The media have also largely ignored demands for censorship by the Justice and Education Departments in 2013 and 2016, when the Obama administration demanded that colleges adopt campus speech codes broader than those that had been previously struck down by judges. Education writer Joanne Jacobs wrote that the speech restrictions the Obama administration demanded at the University of Montana were so broad that they would effectively “make every student a sex harasser.”
When Obama took office, media organizations foolishly gave Obama transparency awards based on his rhetoric in favor of open government. But Obama soon proved far less transparent than Bush, especially in the Justice Department. In March 2014, the Associated Press reported that “more often than ever, the administration censored government files or outright denied access to them last year under the U.S. Freedom of Information Act.” Things got even worse in 2015. The Wall Street Journal concluded that this is “the least transparent administration.” New York Times editor Jill Abramson, a staunch liberal, admitted that the Obama administration is the most secretive ever.
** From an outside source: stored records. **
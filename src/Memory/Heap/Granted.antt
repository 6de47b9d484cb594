-- ===== src/Memory/Heap/Granted.antt =====
-- Enough pages for an expansion of the heap, kernel/src/memory/heap.cpp: those that it maps and those
-- that the mapping takes for tables.
use lensor_os.Prelude.{
  ℕ, zero, suc, ◌+◌, ◌*◌, ◌/◌, ◌%◌, ◌≡◌, refl, Bool, true, false, Option, some, List, [], ◌∷◌,
  arith, ◌==◌, if◌then◌else◌, Bool-cases, inl, inr, ◌≤◌, ltb, subst,
}
use lensor_os.Prelude.Words.{add64, u64_mod}
use lensor_os.Memory.Physical.{Physical, page_size, request_page}
use lensor_os.Memory.Paging.{
  PageTables, pointer, page_map_indexer, flag, present, clear_table, present_entry, enter,
  write_entry, map, map_pages_rounds, map_pages,
}
use lensor_os.Memory.Heap.{
  Heap, heap_virtual_base, init_heap, expansion, heap_flags, map_in_all, map_active, map_rounds,
}

-- The next requests of a page, so many, are each granted one that is not at address 0.
unfoldable pub grants : ℕ → Physical → Bool
grants zero s = true
grants (suc k) s =
    let requested = request_page s in
    let rest = grants k requested.1 in if pointer requested.0 == 0 then false else rest

grants_next :
    (k : ℕ) (s : Physical)
    → grants (suc k) s ≡ true
    → (pointer (request_page s).0 == 0 ≡ false) × (grants k (request_page s).1 ≡ true)
unfolding grants
grants_next k s g = ground arith

pub grants_fewer : (k : ℕ) (s : Physical) → grants (suc k) s ≡ true → grants k s ≡ true
unfolding grants
grants_fewer zero s g = refl
grants_fewer (suc k) s g =
    let (some_page, rest) = grants_next (suc k) s g in
    let fewer = grants_fewer k (request_page s).1 rest in rw (grants, some_page) fewer

pub grants_below : (n k : ℕ) (s : Physical) → grants n s ≡ true → k ≤ n → grants k s ≡ true
grants_below zero k s g l = subst (λ m. grants m s ≡ true) (omega arith) g
grants_below (suc n) k s g l = elim (Bool-cases (k == suc n)) [
  | inl e ↦ let e' : suc n ≡ k = ground arith in subst (λ m. grants m s ≡ true) e' g
  | inr e ↦ grants_below n k s (grants_fewer n s g) (ground arith)
]

enter-grants :
    (k table index flags : ℕ) (s : PageTables)
    → grants (suc k) s.physical ≡ true
    → grants k (enter table index flags s).1.physical ≡ true
unfolding enter present_entry write_entry clear_table
enter-grants k table index flags s g = elim (Bool-cases (flag present (s.entries table index))) [
  | inl there ↦ rw there (grants_fewer k s.physical g)
  | inr absent ↦ rw absent (grants_next k s.physical g).1
]

-- `map` takes three tables at most.
map-grants :
    (k root virtual physical flags : ℕ) (s : PageTables)
    → grants (suc (suc (suc k))) s.physical ≡ true
    → grants k (map root virtual physical flags s).physical ≡ true
unfolding map write_entry
map-grants k root virtual physical flags s g =
    let ix = page_map_indexer virtual in
    let g1 = enter-grants (suc (suc k)) root ix.page_directory_pointer flags s g in
    let e1 = enter root ix.page_directory_pointer flags s in
    let g2 = enter-grants (suc k) e1.0 ix.page_directory flags e1.1 g1 in
    let e2 = enter e1.0 ix.page_directory flags e1.1 in
    let g3 = enter-grants k e2.0 ix.page_table flags e2.1 g2 in
    elim (Bool-cases (root == 0)) [
      | inl null_map ↦ rw null_map (
          grants_fewer k s.physical
            (grants_fewer (suc k) s.physical (grants_fewer (suc (suc k)) s.physical g)))
      | inr a_map ↦ rw a_map g3
    ]

map_pages-grants :
    (k root virtual physical flags : ℕ) (s : PageTables)
    → grants (suc (suc (suc k))) s.physical ≡ true
    → grants k (map_pages root virtual physical flags 1 s).physical ≡ true
unfolding map_pages map_pages_rounds
map_pages-grants k root virtual physical flags s g =
    let end = add64 virtual (1 * page_size % u64_mod) in
    elim (Bool-cases (ltb virtual end)) [
      | inl one ↦ rw one (map-grants k root virtual physical flags s g)
      | inr nothing ↦ rw nothing (
          grants_fewer k s.physical
            (grants_fewer (suc k) s.physical (grants_fewer (suc (suc k)) s.physical g)))
    ]

-- The requests that a mapping in some page maps makes at most.
abbrev pub table_pages : List ℕ → ℕ
table_pages [] = 0
table_pages (root ∷ roots) = 3 + table_pages roots

map_in_all-grants :
    (k : ℕ) (roots : List ℕ) (virtual physical : ℕ) (s : PageTables)
    → grants (table_pages roots + k) s.physical ≡ true
    → grants k (map_in_all roots virtual physical s).physical ≡ true
unfolding map_in_all
map_in_all-grants k [] virtual physical s g =
    subst (λ n. grants n s.physical ≡ true) (omega arith) g
map_in_all-grants k (root ∷ roots) virtual physical s g =
    map_in_all-grants k roots virtual physical _ (
      map_pages-grants (table_pages roots + k) root virtual physical heap_flags s
        (subst (λ n. grants n s.physical ≡ true) (omega arith) g))

-- The requests that a page of the heap makes at most: itself, and the tables in every page map.
abbrev pub page_requests : Heap → ℕ
page_requests h = 4 + table_pages h.page_maps

-- The pages are mapped, and nothing else than the tables changes; what is granted then is what is
-- left.
pub record Mapped (k : ℕ) (h : Heap) (o : Option Heap) : Type 0 where
  pub tables : PageTables
  pub mapped : o ≡ some (record h { tables = tables })
  pub left : grants k tables.physical ≡ true

pub map_rounds-Mapped :
    (n i base k : ℕ) (h : Heap)
    → grants (n * page_requests h + k) h.tables.physical ≡ true
    → Mapped k h (map_rounds n i base h)
unfolding map_rounds clear_table
map_rounds-Mapped zero i base k h g = record {
  tables = h.tables;
  mapped = refl;
  left = subst (λ m. grants m h.tables.physical ≡ true) (omega arith) g;
}
map_rounds-Mapped (suc n) i base k h g =
    let rest = n * page_requests h + k in
    let (some_page, g1) =
      grants_next (3 + table_pages h.page_maps + rest) h.tables.physical
        (subst (λ m. grants m h.tables.physical ≡ true) (omega arith) g) in
    let requested = request_page h.tables.physical in
    let page = pointer requested.0 in
    let cleared = clear_table page (record (h.tables) { physical = requested.1 }) in
    let virtual = add64 base (i * page_size) in
    let everywhere = map_in_all h.page_maps virtual page cleared in
    let g2 =
      map_in_all-grants (suc (suc (suc rest))) h.page_maps virtual page cleared
        (subst (λ m. grants m requested.1 ≡ true) (omega arith) g1) in
    let g3 = map-grants rest h.active virtual page heap_flags everywhere g2 in
    let later = map_rounds-Mapped n (i + 1) base k (map_active virtual page everywhere h) g3 in
    record {
      tables = later.tables;
      mapped = rw (map_rounds, some_page) later.mapped;
      left = later.left;
    }

-- The requests that an expansion makes at most.
abbrev pub expansion_requests : ℕ → Heap → ℕ
expansion_requests bytes h = expansion bytes / page_size * page_requests h

pub init_heap-grants :
    (k : ℕ) (h : Heap)
    → grants (suc (suc (suc (suc k)))) h.tables.physical ≡ true
    → grants k (init_heap h).tables.physical ≡ true
unfolding init_heap
init_heap-grants k h g =
    let requested = request_page h.tables.physical in
    map-grants k h.active heap_virtual_base (pointer requested.0) heap_flags
      (record (h.tables) { physical = requested.1 })
      (grants_next (suc (suc (suc k))) h.tables.physical g).1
The Huffington Post reported that the “White House denies more FOIA requests than ever” these days.
During the Obama administration, the liberal media have shown no interest at all in checks and balances on executive power, viewing constitutional challenges to Obama executive actions as borderline seditious. Perhaps they will be more willing to question authority if a Republican president is elected. Academia certainly will, given its left-leaning bent.
As the Cato Institute’s Walter Olson notes, one result “of a Trump presidency” might be that “mainstream law professors would develop a sudden, strange new respect for constitutional law concepts such as separation of powers and federalism, which tend to serve as checks on the power and ambition of the President and his backers.” He cites the prediction of liberal law professor Paul Horwitz, who writes that “a Trump presidency would be a goldmine for interest in and study of constitutional law,” and if he is elected, “there will be an immense rebirth of interest in the salutary aspects of federalism and separation of powers–on the ground, in popular conversation, and certainly in legal academic work.”